▼
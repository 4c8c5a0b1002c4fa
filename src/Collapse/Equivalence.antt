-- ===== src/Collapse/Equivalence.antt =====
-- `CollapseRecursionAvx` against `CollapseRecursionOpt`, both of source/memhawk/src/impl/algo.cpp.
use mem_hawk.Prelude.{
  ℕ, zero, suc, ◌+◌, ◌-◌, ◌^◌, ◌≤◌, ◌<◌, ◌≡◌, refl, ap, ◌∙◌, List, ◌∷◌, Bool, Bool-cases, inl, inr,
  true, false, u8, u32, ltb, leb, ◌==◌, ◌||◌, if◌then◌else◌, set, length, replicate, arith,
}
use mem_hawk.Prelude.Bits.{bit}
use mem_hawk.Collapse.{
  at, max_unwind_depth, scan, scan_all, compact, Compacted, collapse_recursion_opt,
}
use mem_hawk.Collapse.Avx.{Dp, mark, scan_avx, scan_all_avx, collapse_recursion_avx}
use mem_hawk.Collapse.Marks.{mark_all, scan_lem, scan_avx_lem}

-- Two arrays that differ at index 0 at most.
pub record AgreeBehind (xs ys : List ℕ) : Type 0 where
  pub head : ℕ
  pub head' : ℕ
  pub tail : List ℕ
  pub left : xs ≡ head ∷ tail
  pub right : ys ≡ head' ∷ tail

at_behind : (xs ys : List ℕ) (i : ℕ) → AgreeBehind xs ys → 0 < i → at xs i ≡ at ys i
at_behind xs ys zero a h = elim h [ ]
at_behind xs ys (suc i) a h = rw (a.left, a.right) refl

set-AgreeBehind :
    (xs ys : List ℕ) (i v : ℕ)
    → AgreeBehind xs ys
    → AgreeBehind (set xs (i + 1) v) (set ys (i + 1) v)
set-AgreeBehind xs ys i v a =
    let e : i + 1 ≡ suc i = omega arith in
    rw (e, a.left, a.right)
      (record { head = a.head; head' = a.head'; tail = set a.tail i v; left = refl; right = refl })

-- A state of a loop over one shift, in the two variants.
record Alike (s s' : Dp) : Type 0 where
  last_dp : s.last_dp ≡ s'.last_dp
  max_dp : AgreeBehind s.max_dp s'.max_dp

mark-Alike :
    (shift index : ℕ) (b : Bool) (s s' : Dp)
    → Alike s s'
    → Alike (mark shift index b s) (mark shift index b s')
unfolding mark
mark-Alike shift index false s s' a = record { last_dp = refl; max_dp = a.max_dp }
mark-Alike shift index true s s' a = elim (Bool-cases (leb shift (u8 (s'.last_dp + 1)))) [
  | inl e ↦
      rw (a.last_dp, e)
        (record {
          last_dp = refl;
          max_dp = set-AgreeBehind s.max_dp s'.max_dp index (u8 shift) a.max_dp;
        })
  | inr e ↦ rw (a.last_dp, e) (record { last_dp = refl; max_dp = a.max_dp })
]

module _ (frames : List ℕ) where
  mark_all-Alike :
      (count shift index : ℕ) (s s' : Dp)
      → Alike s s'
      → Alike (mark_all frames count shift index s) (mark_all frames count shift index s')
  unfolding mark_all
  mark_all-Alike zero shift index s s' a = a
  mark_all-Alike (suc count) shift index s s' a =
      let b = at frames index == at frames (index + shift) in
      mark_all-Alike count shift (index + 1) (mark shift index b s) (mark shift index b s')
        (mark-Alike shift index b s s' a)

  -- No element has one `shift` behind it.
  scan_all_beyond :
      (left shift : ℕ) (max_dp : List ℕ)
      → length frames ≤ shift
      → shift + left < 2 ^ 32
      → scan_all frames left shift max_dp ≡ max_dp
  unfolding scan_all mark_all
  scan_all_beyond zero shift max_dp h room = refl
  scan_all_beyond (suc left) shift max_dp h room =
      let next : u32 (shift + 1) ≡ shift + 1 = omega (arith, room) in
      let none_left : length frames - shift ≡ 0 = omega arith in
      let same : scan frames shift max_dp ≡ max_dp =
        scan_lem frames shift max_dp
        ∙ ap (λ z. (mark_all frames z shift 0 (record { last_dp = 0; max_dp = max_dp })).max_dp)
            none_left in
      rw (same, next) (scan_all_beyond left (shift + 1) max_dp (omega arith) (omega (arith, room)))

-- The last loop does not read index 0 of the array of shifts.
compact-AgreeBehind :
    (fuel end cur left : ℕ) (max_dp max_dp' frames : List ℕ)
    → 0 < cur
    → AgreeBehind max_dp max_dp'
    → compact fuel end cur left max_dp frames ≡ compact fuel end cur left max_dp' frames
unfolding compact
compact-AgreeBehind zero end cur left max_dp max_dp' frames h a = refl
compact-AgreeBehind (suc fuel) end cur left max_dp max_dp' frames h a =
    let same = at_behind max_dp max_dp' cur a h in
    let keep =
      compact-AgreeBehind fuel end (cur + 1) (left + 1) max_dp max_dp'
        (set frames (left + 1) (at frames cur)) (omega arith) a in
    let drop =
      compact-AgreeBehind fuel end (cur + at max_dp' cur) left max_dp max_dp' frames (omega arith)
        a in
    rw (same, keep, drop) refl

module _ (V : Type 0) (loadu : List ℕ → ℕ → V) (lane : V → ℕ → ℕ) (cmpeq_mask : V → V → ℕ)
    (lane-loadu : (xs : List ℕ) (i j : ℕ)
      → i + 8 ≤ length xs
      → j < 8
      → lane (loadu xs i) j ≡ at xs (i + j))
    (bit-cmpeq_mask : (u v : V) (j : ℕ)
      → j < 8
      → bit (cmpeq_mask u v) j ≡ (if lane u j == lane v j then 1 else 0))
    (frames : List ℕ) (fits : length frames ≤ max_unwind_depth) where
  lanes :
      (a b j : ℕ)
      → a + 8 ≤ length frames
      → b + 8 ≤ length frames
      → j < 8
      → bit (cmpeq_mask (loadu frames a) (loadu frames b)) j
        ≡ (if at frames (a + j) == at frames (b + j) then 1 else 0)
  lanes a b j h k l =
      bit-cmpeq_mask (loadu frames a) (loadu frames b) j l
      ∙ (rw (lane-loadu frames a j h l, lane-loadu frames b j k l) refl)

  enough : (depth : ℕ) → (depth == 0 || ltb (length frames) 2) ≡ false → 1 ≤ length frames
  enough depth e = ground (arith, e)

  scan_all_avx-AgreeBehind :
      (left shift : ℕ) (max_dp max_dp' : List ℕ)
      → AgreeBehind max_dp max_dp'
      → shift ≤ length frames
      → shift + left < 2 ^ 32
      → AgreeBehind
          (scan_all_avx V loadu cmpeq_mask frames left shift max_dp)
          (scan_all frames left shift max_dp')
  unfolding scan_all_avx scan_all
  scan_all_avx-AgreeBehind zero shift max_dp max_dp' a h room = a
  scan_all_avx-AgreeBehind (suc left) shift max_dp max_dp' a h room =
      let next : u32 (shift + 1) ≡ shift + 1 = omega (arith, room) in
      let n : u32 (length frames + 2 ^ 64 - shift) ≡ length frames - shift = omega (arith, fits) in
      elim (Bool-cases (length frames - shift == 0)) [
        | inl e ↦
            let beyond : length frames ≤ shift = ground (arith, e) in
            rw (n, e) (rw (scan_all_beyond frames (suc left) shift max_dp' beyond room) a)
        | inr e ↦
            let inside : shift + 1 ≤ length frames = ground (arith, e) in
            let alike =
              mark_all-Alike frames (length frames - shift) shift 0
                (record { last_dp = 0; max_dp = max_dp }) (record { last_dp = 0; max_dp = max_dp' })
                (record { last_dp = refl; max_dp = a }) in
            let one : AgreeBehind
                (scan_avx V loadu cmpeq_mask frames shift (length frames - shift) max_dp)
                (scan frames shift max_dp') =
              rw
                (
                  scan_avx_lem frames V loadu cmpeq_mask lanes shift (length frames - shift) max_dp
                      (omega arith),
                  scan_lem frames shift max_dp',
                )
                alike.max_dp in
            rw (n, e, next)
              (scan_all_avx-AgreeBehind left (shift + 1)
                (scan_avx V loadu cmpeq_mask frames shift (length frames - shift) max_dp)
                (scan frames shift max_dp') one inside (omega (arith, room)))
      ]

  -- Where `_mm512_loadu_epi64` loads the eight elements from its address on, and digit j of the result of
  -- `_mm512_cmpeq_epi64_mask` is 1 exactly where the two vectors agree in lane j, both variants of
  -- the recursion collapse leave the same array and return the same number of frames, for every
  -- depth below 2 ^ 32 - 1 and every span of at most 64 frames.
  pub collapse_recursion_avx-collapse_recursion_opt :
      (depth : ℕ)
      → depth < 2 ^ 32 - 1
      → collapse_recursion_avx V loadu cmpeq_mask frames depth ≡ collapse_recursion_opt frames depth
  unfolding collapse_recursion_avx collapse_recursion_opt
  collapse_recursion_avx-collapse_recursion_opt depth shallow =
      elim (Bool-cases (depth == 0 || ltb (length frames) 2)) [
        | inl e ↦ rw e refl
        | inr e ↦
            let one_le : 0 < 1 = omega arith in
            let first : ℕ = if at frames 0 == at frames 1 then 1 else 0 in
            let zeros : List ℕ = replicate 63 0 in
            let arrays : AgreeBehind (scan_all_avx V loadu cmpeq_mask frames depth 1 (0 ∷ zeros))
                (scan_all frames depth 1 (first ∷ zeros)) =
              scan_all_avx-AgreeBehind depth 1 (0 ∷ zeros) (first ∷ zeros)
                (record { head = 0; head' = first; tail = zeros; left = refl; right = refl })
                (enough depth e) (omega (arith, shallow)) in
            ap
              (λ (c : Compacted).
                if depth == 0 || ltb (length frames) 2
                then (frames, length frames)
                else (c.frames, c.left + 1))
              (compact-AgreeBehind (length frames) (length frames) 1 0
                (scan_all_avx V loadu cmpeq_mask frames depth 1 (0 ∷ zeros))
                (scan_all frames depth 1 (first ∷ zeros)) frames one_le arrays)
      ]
▲
▼
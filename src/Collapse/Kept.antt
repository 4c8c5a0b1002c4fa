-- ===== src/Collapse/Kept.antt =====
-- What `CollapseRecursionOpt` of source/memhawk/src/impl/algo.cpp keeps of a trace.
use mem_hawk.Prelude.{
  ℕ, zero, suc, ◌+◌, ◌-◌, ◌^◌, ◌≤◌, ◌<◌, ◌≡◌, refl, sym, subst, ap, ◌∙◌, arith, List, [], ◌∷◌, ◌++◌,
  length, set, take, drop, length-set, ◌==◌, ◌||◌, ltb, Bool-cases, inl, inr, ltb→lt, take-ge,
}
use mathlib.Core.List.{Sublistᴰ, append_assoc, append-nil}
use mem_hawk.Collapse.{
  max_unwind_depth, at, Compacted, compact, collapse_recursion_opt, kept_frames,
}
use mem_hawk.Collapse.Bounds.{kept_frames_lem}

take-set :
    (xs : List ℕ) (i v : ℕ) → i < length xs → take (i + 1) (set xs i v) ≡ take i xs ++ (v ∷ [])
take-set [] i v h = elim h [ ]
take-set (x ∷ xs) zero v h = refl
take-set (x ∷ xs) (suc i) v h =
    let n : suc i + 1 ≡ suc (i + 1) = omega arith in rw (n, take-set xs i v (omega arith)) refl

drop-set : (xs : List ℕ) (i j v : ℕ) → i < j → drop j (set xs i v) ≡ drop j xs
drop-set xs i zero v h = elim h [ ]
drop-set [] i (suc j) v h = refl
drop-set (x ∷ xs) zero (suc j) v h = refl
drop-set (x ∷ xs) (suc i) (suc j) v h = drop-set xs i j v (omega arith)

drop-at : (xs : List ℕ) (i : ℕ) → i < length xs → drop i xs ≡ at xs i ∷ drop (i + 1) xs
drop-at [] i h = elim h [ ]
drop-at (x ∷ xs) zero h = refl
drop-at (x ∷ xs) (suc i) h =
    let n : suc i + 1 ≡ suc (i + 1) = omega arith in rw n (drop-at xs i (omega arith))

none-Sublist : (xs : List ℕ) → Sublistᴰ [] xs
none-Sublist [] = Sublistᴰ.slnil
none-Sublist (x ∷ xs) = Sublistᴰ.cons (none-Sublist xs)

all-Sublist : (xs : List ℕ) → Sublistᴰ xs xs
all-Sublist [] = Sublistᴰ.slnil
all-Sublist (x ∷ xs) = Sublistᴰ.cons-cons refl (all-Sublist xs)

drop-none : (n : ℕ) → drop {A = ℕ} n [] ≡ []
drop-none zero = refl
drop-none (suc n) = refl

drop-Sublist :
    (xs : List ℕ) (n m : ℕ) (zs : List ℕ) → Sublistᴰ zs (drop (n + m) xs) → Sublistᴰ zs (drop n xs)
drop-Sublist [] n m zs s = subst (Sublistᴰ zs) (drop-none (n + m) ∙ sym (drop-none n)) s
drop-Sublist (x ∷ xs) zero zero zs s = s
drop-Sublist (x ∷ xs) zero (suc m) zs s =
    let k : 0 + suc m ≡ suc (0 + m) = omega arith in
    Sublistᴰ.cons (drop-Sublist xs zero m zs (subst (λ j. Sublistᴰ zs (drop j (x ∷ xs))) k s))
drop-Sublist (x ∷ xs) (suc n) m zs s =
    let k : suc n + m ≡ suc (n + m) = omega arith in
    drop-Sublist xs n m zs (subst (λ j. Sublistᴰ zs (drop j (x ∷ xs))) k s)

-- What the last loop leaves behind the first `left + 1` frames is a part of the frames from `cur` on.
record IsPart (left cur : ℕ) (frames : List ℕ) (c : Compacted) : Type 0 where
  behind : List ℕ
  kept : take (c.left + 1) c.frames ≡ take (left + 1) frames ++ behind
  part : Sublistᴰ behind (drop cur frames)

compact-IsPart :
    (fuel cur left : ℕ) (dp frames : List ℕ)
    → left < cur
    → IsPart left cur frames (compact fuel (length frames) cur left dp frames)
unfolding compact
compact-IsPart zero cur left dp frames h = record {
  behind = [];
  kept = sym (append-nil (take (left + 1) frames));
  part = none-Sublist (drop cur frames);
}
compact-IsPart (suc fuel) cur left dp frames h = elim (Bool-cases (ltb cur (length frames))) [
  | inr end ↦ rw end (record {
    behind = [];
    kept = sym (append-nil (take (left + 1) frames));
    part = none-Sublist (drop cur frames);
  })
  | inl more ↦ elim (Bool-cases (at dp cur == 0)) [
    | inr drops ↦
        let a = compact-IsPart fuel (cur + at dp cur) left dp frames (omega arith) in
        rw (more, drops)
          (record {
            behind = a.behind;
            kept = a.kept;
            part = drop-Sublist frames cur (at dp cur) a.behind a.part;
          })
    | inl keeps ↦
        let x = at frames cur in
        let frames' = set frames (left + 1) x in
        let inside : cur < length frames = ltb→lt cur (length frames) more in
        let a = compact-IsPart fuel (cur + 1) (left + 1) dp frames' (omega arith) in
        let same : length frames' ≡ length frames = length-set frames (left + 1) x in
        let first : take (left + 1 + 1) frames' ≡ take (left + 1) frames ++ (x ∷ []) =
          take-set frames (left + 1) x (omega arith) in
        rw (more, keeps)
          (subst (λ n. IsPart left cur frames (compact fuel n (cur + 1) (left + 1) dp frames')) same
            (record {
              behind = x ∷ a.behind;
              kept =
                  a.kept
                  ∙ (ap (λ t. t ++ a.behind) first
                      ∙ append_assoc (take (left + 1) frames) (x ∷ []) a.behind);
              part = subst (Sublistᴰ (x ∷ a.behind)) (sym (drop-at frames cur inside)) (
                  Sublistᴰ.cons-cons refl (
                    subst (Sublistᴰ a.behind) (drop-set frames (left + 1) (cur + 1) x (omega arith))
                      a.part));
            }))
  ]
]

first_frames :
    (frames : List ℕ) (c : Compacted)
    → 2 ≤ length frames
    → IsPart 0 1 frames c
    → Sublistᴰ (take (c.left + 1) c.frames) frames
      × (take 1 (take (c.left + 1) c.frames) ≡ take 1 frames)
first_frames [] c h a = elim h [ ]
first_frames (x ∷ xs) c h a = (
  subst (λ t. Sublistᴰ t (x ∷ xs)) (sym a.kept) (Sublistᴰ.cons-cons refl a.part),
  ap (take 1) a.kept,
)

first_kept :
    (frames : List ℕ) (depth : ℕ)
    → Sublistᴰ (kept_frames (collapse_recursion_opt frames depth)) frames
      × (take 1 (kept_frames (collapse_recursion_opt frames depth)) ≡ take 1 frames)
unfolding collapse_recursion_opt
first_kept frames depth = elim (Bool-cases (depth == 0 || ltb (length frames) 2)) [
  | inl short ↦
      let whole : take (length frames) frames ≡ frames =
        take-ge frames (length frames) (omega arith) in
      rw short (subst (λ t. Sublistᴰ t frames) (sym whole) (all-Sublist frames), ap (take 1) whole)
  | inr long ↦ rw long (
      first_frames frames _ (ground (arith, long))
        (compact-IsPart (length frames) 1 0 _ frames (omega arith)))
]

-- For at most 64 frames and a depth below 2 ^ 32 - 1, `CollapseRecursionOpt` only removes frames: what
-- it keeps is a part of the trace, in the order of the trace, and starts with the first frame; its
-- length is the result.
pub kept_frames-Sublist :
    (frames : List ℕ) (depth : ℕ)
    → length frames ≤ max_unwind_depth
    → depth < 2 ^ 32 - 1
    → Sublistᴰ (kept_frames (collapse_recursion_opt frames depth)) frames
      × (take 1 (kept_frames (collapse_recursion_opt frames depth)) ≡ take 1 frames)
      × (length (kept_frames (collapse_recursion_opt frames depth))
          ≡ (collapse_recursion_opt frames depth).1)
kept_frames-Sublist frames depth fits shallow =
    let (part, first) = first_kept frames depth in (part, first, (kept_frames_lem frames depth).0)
▲
▼
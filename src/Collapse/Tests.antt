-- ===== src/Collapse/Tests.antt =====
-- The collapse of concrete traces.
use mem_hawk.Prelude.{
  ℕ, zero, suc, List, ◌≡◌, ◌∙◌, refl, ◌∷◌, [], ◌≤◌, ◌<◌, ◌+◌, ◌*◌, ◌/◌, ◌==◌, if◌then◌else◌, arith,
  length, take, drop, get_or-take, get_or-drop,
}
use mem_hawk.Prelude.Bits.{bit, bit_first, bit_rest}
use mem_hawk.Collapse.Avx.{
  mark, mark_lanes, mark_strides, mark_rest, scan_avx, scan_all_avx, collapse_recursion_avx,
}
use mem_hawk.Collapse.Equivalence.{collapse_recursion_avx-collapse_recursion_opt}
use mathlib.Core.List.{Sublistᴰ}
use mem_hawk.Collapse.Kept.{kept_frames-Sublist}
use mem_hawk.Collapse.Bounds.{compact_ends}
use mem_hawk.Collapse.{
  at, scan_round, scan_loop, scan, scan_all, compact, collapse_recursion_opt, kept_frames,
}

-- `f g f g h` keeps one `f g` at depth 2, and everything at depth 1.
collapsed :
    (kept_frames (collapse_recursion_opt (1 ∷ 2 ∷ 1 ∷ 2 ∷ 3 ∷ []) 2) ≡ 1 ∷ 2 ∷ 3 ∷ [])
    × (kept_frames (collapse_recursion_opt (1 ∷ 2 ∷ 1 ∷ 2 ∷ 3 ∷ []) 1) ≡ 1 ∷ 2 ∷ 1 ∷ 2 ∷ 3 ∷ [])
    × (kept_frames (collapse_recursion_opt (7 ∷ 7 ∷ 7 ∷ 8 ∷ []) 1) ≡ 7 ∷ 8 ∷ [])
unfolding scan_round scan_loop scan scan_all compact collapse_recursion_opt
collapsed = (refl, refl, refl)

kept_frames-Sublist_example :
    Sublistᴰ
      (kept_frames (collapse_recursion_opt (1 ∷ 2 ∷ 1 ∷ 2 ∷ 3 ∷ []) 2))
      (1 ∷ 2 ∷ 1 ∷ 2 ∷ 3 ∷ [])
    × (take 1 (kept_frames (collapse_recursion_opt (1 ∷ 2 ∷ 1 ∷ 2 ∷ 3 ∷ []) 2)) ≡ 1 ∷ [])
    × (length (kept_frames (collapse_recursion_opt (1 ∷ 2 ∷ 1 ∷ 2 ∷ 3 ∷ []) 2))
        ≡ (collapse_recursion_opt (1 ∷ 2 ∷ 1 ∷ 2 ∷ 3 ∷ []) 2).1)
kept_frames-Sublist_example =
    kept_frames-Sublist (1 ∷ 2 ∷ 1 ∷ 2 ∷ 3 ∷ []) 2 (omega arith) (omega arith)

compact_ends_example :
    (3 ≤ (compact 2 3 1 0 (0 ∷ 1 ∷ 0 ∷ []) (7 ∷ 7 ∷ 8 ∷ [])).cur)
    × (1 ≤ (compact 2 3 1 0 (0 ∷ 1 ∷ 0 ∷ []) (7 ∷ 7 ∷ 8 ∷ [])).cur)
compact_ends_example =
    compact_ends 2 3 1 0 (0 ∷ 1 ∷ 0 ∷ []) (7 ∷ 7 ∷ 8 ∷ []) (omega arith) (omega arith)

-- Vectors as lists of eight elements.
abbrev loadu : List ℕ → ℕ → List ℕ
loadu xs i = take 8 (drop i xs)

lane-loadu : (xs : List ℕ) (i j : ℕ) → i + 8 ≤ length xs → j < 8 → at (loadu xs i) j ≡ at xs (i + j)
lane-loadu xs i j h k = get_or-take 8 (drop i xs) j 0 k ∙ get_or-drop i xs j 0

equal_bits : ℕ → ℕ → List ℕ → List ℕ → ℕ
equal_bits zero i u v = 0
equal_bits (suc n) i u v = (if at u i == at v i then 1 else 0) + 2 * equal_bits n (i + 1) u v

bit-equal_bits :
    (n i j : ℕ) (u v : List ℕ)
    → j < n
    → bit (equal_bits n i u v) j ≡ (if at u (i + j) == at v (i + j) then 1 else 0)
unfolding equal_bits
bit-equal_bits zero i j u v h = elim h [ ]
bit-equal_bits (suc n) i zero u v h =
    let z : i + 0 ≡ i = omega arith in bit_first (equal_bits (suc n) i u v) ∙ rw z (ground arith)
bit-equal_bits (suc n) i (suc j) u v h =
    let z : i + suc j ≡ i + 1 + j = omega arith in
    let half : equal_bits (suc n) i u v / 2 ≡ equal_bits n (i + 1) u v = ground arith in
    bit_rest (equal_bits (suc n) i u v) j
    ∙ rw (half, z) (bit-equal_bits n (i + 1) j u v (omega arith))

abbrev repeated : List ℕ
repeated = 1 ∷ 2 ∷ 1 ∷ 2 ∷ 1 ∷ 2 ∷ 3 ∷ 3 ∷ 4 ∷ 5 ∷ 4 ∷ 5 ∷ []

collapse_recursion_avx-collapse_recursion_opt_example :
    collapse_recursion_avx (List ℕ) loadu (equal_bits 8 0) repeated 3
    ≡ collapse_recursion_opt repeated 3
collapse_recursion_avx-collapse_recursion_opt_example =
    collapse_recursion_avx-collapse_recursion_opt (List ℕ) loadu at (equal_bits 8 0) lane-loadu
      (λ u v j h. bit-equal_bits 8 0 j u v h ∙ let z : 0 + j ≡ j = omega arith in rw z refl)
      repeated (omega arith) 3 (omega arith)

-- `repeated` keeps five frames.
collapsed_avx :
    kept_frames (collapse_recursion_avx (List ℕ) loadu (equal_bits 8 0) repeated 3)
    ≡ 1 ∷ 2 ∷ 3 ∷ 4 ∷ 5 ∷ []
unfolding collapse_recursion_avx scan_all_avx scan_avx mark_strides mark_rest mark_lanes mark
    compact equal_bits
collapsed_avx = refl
▲
What you need to do => Where the listing above has a line with "bit-cmpeq_mask (loadu frames", start there, and output every line exactly through the line with "scan_all_avx-AgreeBehind zero shift", which is also included.

Your response =>
      bit-cmpeq_mask (loadu frames a) (loadu frames b) j l
      ∙ (rw (lane-loadu frames a j h l, lane-loadu frames b j k l) refl)

  enough : (depth : ℕ) → (depth == 0 || ltb (length frames) 2) ≡ false → 1 ≤ length frames
  enough depth e = ground (arith, e)

  scan_all_avx-AgreeBehind :
      (left shift : ℕ) (max_dp max_dp' : List ℕ)
      → AgreeBehind max_dp max_dp'
      → shift ≤ length frames
      → shift + left < 2 ^ 32
      → AgreeBehind
          (scan_all_avx V loadu cmpeq_mask frames left shift max_dp)
          (scan_all frames left shift max_dp')
  unfolding scan_all_avx scan_all
  scan_all_avx-AgreeBehind zero shift max_dp max_dp' a h room = a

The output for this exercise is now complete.